• _WORK REQUEST_: Among the entries below, extract exactly the lines that run from the one with "pub interface : Interface" through the one with "t) device name path qos", both ends included.

• _DATA TO EXAMINE_:
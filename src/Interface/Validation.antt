-- ===== src/Interface/Validation.antt =====
-- What `validate_individual` and `validate_object` accept.
use astarte_device_sdk_cpp.Base.{
  ◌≡◌, ◌↔◌, refl, Bool, true, false, Option, none, some, List, [], ◌∷◌, ◌++◌, Text, All, ok, ◌>>◌,
  reject_if, Error, arith, Bool-cases, >>=-eq-ok, inl, inr,
}
use astarte_device_sdk_cpp.Base.Int.{ℤ}
use astarte_device_sdk_cpp.Data.{Doubles, Data, get_type}
use astarte_device_sdk_cpp.Mapping.{Mapping, match_path, check_data_type}
use astarte_device_sdk_cpp.Mapping.Checking.{IsFinite, check_data_type_iff}
use astarte_device_sdk_cpp.Interface.{
  Interface, first_match, get_mapping, lacks_timestamp, has_unsupported_timestamp,
  validate_individual, validate_object,
}

-- The first mapping of a list whose endpoint matches the path.
pub data FirstMatch (path : Text) (m : Mapping) : List Mapping → Type 0 where
  here : {ms : List Mapping} → match_path m path ≡ true → FirstMatch path m (m ∷ ms)
  later :
      {n : Mapping} {ms : List Mapping}
      → match_path n path ≡ false
      → FirstMatch path m ms
      → FirstMatch path m (n ∷ ms)

first_match_sound :
    (path : Text) (m : Mapping) (ms : List Mapping)
    → first_match ms path ≡ ok m
    → FirstMatch path m ms
unfolding first_match
first_match_sound path m [] h = cc
first_match_sound path m (n ∷ ms) h = elim (Bool-cases (match_path n path)) [
  | inl e ↦ let same : n ≡ m = ground arith in rw same (here (rw same at e))
  | inr e ↦ later e (first_match_sound path m ms (ground arith))
]

first_match_complete :
    {path : Text} {m : Mapping} {ms : List Mapping}
    → FirstMatch path m ms
    → first_match ms path ≡ ok m
unfolding first_match
first_match_complete (here e) = rw e
first_match_complete (later e f) = rw e (first_match_complete f)

-- `get_mapping` returns a mapping exactly when it is the first that matches the path.
pub get_mapping_iff :
    (i : Interface) (path : Text) (m : Mapping)
    → (get_mapping i path ≡ ok m) ↔ FirstMatch path m i.mappings
unfolding get_mapping
get_mapping_iff i path m = (first_match_sound path m i.mappings, first_match_complete)

-- An explicit timestamp is given where the mapping requires one, and none where it forbids one.
abbrev pub FitsTimestamp : Option Bool → Option ℤ → Type 0
FitsTimestamp (some true) none = ⊥
FitsTimestamp (some false) (some t) = ⊥
FitsTimestamp _ _ = Unit

-- A datum that an interface takes at a path.
pub record Conforms (d : Doubles) (i : Interface) (path : Text) (v : Data d.Double) (t : Option ℤ)
    : Type 0 where
  pub mapping : Mapping
  pub chosen : FirstMatch path mapping i.mappings
  pub typed : mapping.type ≡ get_type v
  pub finite : IsFinite d v
  pub stamped : FitsTimestamp mapping.explicit_timestamp t

module _ (d : Doubles) where
  open d use {Double}

  timestamp_iff :
      (e : Option Bool) (t : Option ℤ)
      → ((reject_if (lacks_timestamp e t) Error.interface_validation_error
            >> (reject_if (has_unsupported_timestamp e t) Error.interface_validation_error
                >> ok (tt {0})))
          ≡ ok (tt {0}))
        ↔ FitsTimestamp e t
  timestamp_iff none none = ground arith
  timestamp_iff none (some t) = ground arith
  timestamp_iff (some true) none = ground arith
  timestamp_iff (some true) (some t) = ground arith
  timestamp_iff (some false) none = ground arith
  timestamp_iff (some false) (some t) = ground arith

  validate_sound :
      (i : Interface) (path : Text) (v : Data Double) (t : Option ℤ)
      → validate_individual d i path v t ≡ ok tt
      → Conforms d i path v t
  unfolding validate_individual
  validate_sound i path v t h =
      let (m, found, rest) = >>=-eq-ok (get_mapping i path) _ h in
      let (u, checked, stamped) = >>=-eq-ok (check_data_type d m v) _ rest in
      let (typed, finite) = (check_data_type_iff d m v).0 checked in
      record {
        mapping = m;
        chosen = (get_mapping_iff i path m).0 found;
        typed = typed;
        finite = finite;
        stamped = (timestamp_iff m.explicit_timestamp t).0 stamped;
      }

  validate_complete :
      (i : Interface) (path : Text) (v : Data Double) (t : Option ℤ)
      → Conforms d i path v t
      → validate_individual d i path v t ≡ ok tt
  unfolding validate_individual
  validate_complete i path v t c =
      rw
        (
          (get_mapping_iff i path c.mapping).1 c.chosen,
          (check_data_type_iff d c.mapping v).1 (c.typed, c.finite),
        )
        ((timestamp_iff c.mapping.explicit_timestamp t).1 c.stamped)

  -- A datum is accepted exactly when some mapping matches its path, the first such has its type,
  -- its doubles are finite, and a timestamp is given as that mapping's `explicit_timestamp` wants.
  pub validate_individual_iff :
      (i : Interface) (path : Text) (v : Data Double) (t : Option ℤ)
      → (validate_individual d i path v t ≡ ok tt) ↔ Conforms d i path v t
  validate_individual_iff i path v t = (validate_sound i path v t, validate_complete i path v t)

  -- An object is accepted exactly when each entry is accepted at the common path, a slash and the
  -- entry's key.
  pub validate_object_iff :
      (i : Interface) (path : Text) (object : List (Text × Data Double)) (t : Option ℤ)
      → (validate_object d i path object t ≡ ok tt)
        ↔ All (λ entry. Conforms d i (path ++ b'/' ∷ entry.0) entry.1 t) object
  unfolding validate_object
  validate_object_iff i path [] t = (λ e. tt, λ h. refl)
  validate_object_iff i path ((key, v) ∷ object) t = (
    λ h.
        let (u, first, rest) = >>=-eq-ok (validate_individual d i (path ++ b'/' ∷ key) v t) _ h in
        (validate_sound i _ v t first, (validate_object_iff i path object t).0 rest),
    λ c. rw (validate_complete i _ v t c.0) ((validate_object_iff i path object t).1 c.1),
  )
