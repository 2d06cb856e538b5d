-- ===== src/DeviceMqtt/Preparing.antt =====
-- What was checked before a device sends a datum.
use astarte_device_sdk_cpp.Base.{
  ℕ, ◌≡◌, refl, sym, ap, ◌∙◌, true, not, Option, List, ◌∷◌, ◌++◌, Text, codes, All, length, ◌==◌,
  Result, ok, err, exception, returns, subst, none, some, >>=-eq-ok, reject_if-eq-ok, ok-injective,
  arith,
}
use astarte_device_sdk_cpp.Base.Int.{ℤ}
use astarte_device_sdk_cpp.Data.{Doubles, Data}
use astarte_device_sdk_cpp.Interface.{Interface, validate_individual, validate_object, get_qos}
use astarte_device_sdk_cpp.Interface.Validation.{
  Conforms, validate_individual_iff, validate_object_iff,
}
use astarte_device_sdk_cpp.Introspection.{get}
use astarte_device_sdk_cpp.Serialize.{
  JsonBuilder, serialize_astarte_individual, serialize_astarte_object,
}
use astarte_device_sdk_cpp.DeviceMqtt.{
  DeviceMqtt, is_connected, encode, with_bytes, encoded, check_individual, check_object,
}

-- Why a message may be published: what the device, its interface and the interface's mapping say.
-- `Fits` is what the interface must say of the datum.
pub record IsPermitted (Fits : Interface → Type 0) (device : DeviceMqtt) (name path : Text)
    (qos : ℕ) : Type 0 where
  pub interface : Interface
  pub connected : is_connected device ≡ true
  pub supported : get device.introspection name ≡ ok interface
  pub fits : Fits interface
  pub quality : get_qos interface path ≡ ok qos

module _ {d : Doubles} (builder : JsonBuilder d) where
  open d use {Double}
  open builder use {Json, null, is_empty}

  pub check_individual-IsPermitted :
      (device : DeviceMqtt) (name path : Text) (v : Data Double) (t : Option ℤ) (qos : ℕ)
      (bson : Json)
      → check_individual builder device name path v t ≡ ok (qos, bson)
      → IsPermitted (λ i. Conforms d i path v t) device name path qos
        × (bson ≡ serialize_astarte_individual builder null (codes "v") v t)
  unfolding check_individual
  check_individual-IsPermitted device name path v t qos bson h =
      let (on, h1) = reject_if-eq-ok (not (is_connected device)) _ _ h in
      let (i, found, h2) = >>=-eq-ok (get device.introspection name) _ h1 in
      let (_, valid, h3) = >>=-eq-ok (validate_individual d i path v t) _ h2 in
      let (q, quality, h4) = >>=-eq-ok (get_qos i path) _ h3 in
      let (_, last) = reject_if-eq-ok (is_empty _) _ _ h4 in
      let same = ok-injective last in
      (
        record {
          interface = i;
          connected = ground arith;
          supported = found;
          fits = (validate_individual_iff d i path v t).0 valid;
          quality = quality ∙ ap (λ p. ok p.0) same;
        },
        sym (ap (λ p. p.1) same),
      )

  pub check_object-IsPermitted :
      (device : DeviceMqtt) (name path : Text) (object : List (Text × Data Double)) (t : Option ℤ)
      (qos : ℕ) (bson : Json)
      → check_object builder device name path object t ≡ ok (qos, bson)
      → IsPermitted
          (λ i.
            (length i.mappings ≡ length object)
            × All (λ entry. Conforms d i (path ++ b'/' ∷ entry.0) entry.1 t) object)
          device
          name
          path
          qos
        × (bson ≡ serialize_astarte_object builder null object t)
  unfolding check_object
  check_object-IsPermitted device name path object t qos bson h =
      let (on, h1) = reject_if-eq-ok (not (is_connected device)) _ _ h in
      let (i, found, h2) = >>=-eq-ok (get device.introspection name) _ h1 in
      let (full, h3) = reject_if-eq-ok (not (length i.mappings == length object)) _ _ h2 in
      let (_, valid, h4) = >>=-eq-ok (validate_object d i path object t) _ h3 in
      let (q, quality, h5) = >>=-eq-ok (get_qos i path) _ h4 in
      let (_, last) = reject_if-eq-ok (is_empty _) _ _ h5 in
      let same = ok-injective last in
      (
        record {
          interface = i;
          connected = ground arith;
          supported = found;
          fits = (ground arith, (validate_object_iff d i path object t).0 valid);
          quality = quality ∙ ap (λ p. ok p.0) same;
        },
        sym (ap (λ p. p.1) same),
      )

  with_bytes-eq-ok :
      (q qos : ℕ) (opt : Option Text) (bytes : Text)
      → with_bytes builder q opt ≡ returns (ok (qos, bytes))
      → (q ≡ qos) × (opt ≡ some bytes)
  with_bytes-eq-ok q qos none bytes h = absurd cc
  with_bytes-eq-ok q qos (some b) bytes h = (cc, cc)

  with_bytes-eq-exception :
      (q : ℕ) (opt : Option Text) → with_bytes builder q opt ≡ exception → opt ≡ none
  with_bytes-eq-exception q none h = refl
  with_bytes-eq-exception q (some b) h = absurd cc

  -- What is prepared was checked and encoded, and an exception comes from a document that was checked
  -- and cannot be encoded.
  encoded-eq-ok :
      (checked : Result (ℕ × Json)) (qos : ℕ) (bytes : Text)
      → encoded builder checked ≡ returns (ok (qos, bytes))
      → (bson : Json) × (checked ≡ ok (qos, bson)) × (encode builder bson ≡ some bytes)
  unfolding encoded
  encoded-eq-ok (err e) qos bytes h = absurd cc
  encoded-eq-ok (ok (q, bson)) qos bytes h =
      let (same, e) = with_bytes-eq-ok q qos (encode builder bson) bytes h in
      (bson, ap (λ q'. ok (q', bson)) same, e)

  pub encoded-eq-exception :
      (checked : Result (ℕ × Json))
      → encoded builder checked ≡ exception
      → (qos : ℕ) × (bson : Json) × (checked ≡ ok (qos, bson)) × (encode builder bson ≡ none)
  unfolding encoded
  encoded-eq-exception (err e) h = absurd cc
  encoded-eq-exception (ok (q, bson)) h =
      (q, bson, refl, with_bytes-eq-exception q (encode builder bson) h)

  -- What the two methods prepare.
  pub prepared-IsPermitted :
      (checked : Result (ℕ × Json)) (Fits : Interface → Type 0) (document : Json)
      (device : DeviceMqtt) (name path : Text)
      → ((qos : ℕ) (bson : Json)
          → checked ≡ ok (qos, bson)
          → IsPermitted Fits device name path qos × (bson ≡ document))
      → ((qos : ℕ) (bytes : Text)
          → encoded builder checked ≡ returns (ok (qos, bytes))
          → IsPermitted Fits device name path qos × (encode builder document ≡ some bytes))
        × (encoded builder checked ≡ exception → encode builder document ≡ none)
  prepared-IsPermitted checked Fits document device name path law = (
    λ qos bytes h.
        let (bson, c, e) = encoded-eq-ok checked qos bytes h in
        let (permitted, same) = law qos bson c in
        (permitted, subst (λ j. encode builder j ≡ some bytes) same e),
    λ h.
        let (qos, bson, c, e) = encoded-eq-exception checked h in
        let (permitted, same) = law qos bson c in subst (λ j. encode builder j ≡ none) same e,
  )
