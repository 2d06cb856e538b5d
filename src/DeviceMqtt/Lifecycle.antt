-- ===== src/DeviceMqtt/Lifecycle.antt =====
-- A whole MQTT device in its surroundings, from `create` of src/mqtt/device_mqtt_impl.cpp on: what the
-- application asks of it and what the MQTT client reports to it are the steps, in any order.
use astarte_device_sdk_cpp.Base.{
  ◌≡◌, Bool, false, Option, some, List, [], Text, Attempt, exception, returns, ok, err,
}
use astarte_device_sdk_cpp.Base.Int.{ℤ}
use astarte_device_sdk_cpp.Data.{Doubles, Data}
use astarte_device_sdk_cpp.Json.{JsonLibrary}
use astarte_device_sdk_cpp.Introspection.{empty}
use astarte_device_sdk_cpp.Serialize.{JsonBuilder}
use astarte_device_sdk_cpp.Session.{
  Session, Client, Identity, on_connected, on_connection_lost, on_setup_success, on_setup_failure,
  on_disconnected,
}
use astarte_device_sdk_cpp.Pairing.{HttpClient, UrlLibrary, PairingJson}
use astarte_device_sdk_cpp.Persistence.{FileSystem}
use astarte_device_sdk_cpp.Config.{Config}
use astarte_device_sdk_cpp.Connection.{Waits}
use astarte_device_sdk_cpp.Connection.Setup.{Created, World, KeyMaker}
use astarte_device_sdk_cpp.Connection.Setup
use astarte_device_sdk_cpp.DeviceMqtt.{
  DeviceMqtt, add_interface_from_str, add_interface_from_file, send_individual, send_object,
  disconnect,
}

-- The libraries and services that a device uses.
pub record Surroundings : Type 1 where
  pub urls : UrlLibrary
  pub numbers : Doubles
  pub lib : JsonLibrary
  pub parse : Text → Option lib.Json
  pub pairing_json : PairingJson lib
  pub builder : JsonBuilder numbers
  pub fs : FileSystem
  pub http : HttpClient
  pub new_key : KeyMaker
  pub client : Client
  pub waits : Waits

-- The device, its connection, and the files and requests to the pairing service.
pub record MqttDevice (urls : UrlLibrary) : Type 0 where
  pub connection : Created urls
  pub device : DeviceMqtt
  pub world : World

abbrev pub new_session : Session
new_session = record { connected = false; session_setup_tokens = []; requests = [] }

module _ {urls : UrlLibrary} where
  abbrev pub self_of : MqttDevice urls → Identity
  self_of m = record { realm = m.connection.cfg.realm; device_id = m.connection.cfg.device_id }

  abbrev pub with_device : MqttDevice urls → DeviceMqtt → MqttDevice urls
  with_device m device = record m { device = device }

  abbrev pub with_session : MqttDevice urls → Session → MqttDevice urls
  with_session m session =
      let device : DeviceMqtt = m.device in
      record m { device = record device { session = session } }

  -- The device of a connection that could be created.
  abbrev pub device_of : World × Attempt (Created urls) → World × Attempt (MqttDevice urls)
  device_of (world, exception) = (world, exception)
  device_of (world, returns (err e)) = (world, returns (err e))
  device_of (world, returns (ok connection)) = (
    world,
    returns (
        ok (record {
          connection = connection;
          device = record { introspection = empty; session = new_session };
          world = world;
        })),
  )

module _ (env : Surroundings) where
  open env use {urls, numbers, lib, parse, pairing_json, builder, fs, http, new_key, client, waits}

  unfoldable pub create : Config → World → World × Attempt (MqttDevice urls)
  create cfg world = device_of (Setup.create fs lib pairing_json http new_key cfg world)

  -- The tokens that the client answers with reach the callbacks; whether its own `connect` ends without
  -- an exception is an argument.
  unfoldable pub connect : Bool → MqttDevice urls → MqttDevice urls × Attempt (Unit {0})
  connect connects m =
      let (world, outcome) =
        Setup.connect fs lib pairing_json http new_key connects m.connection m.world in
      (record m { world = world }, outcome)

  -- The calls of the application, and then the reports of the client. The report of a success waits
  -- while there is no token.
  pub data Step : MqttDevice urls → MqttDevice urls → Type 0 where
    adds :
        (m : MqttDevice urls) (text : Text)
        → Step m (with_device m (add_interface_from_str lib parse m.device text).0)
    adds_file :
        (m : MqttDevice urls) (path : Text)
        → Step m
            (with_device m (add_interface_from_file lib parse fs m.world.files m.device path).0)
    connects : (m : MqttDevice urls) (succeeds : Bool) → Step m (connect succeeds m).0
    disconnects :
        (m : MqttDevice urls) → Step m (with_device m (disconnect client waits m.device).0)
    sends_individual :
        (m : MqttDevice urls) (name path : Text) (v : Data numbers.Double) (t : Option ℤ)
        → Step m (
            with_device m
              (send_individual client waits (self_of m) builder m.device name path v t).0)
    sends_object :
        (m : MqttDevice urls) (name path : Text) (object : List (Text × Data numbers.Double))
        (t : Option ℤ)
        → Step m (
            with_device m
              (send_object client waits (self_of m) builder m.device name path object t).0)
    connected_to_broker :
        (m : MqttDevice urls)
        → Step m (
            with_session m
              (on_connected client (self_of m) m.device.introspection m.device.session))
    connection_lost :
        (m : MqttDevice urls) → Step m (with_session m (on_connection_lost m.device.session))
    setup_succeeds :
        (m : MqttDevice urls) (s : Session)
        → on_setup_success m.device.session ≡ some s
        → Step m (with_session m s)
    setup_fails :
        (m : MqttDevice urls) (s : Session)
        → on_setup_failure m.device.session ≡ some s
        → Step m (with_session m s)
    disconnected :
        (m : MqttDevice urls) → Step m (with_session m (on_disconnected m.device.session))

  -- Any number of steps.
  pub data Reaches (start : MqttDevice urls) : MqttDevice urls → Type 0 where
    at_start : Reaches start start
    further : (m m' : MqttDevice urls) → Reaches start m → Step m m' → Reaches start m'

• _ANSWER SECTION_:
  pub interface : Interface
  pub connected : is_connected device ≡ true
  pub supported : get device.introspection name ≡ ok interface
  pub fits : Fits interface
  pub quality : get_qos interface path ≡ ok qos

module _ {d : Doubles} (builder : JsonBuilder d) where
  open d use {Double}
  open builder use {Json, null, is_empty}

  pub check_individual-IsPermitted :
      (device : DeviceMqtt) (name path : Text) (v : Data Double) (t : Option ℤ) (qos : ℕ)
      (bson : Json)
      → check_individual builder device name path v t ≡ ok (qos, bson)
      → IsPermitted (λ i. Conforms d i path v t) device name path qos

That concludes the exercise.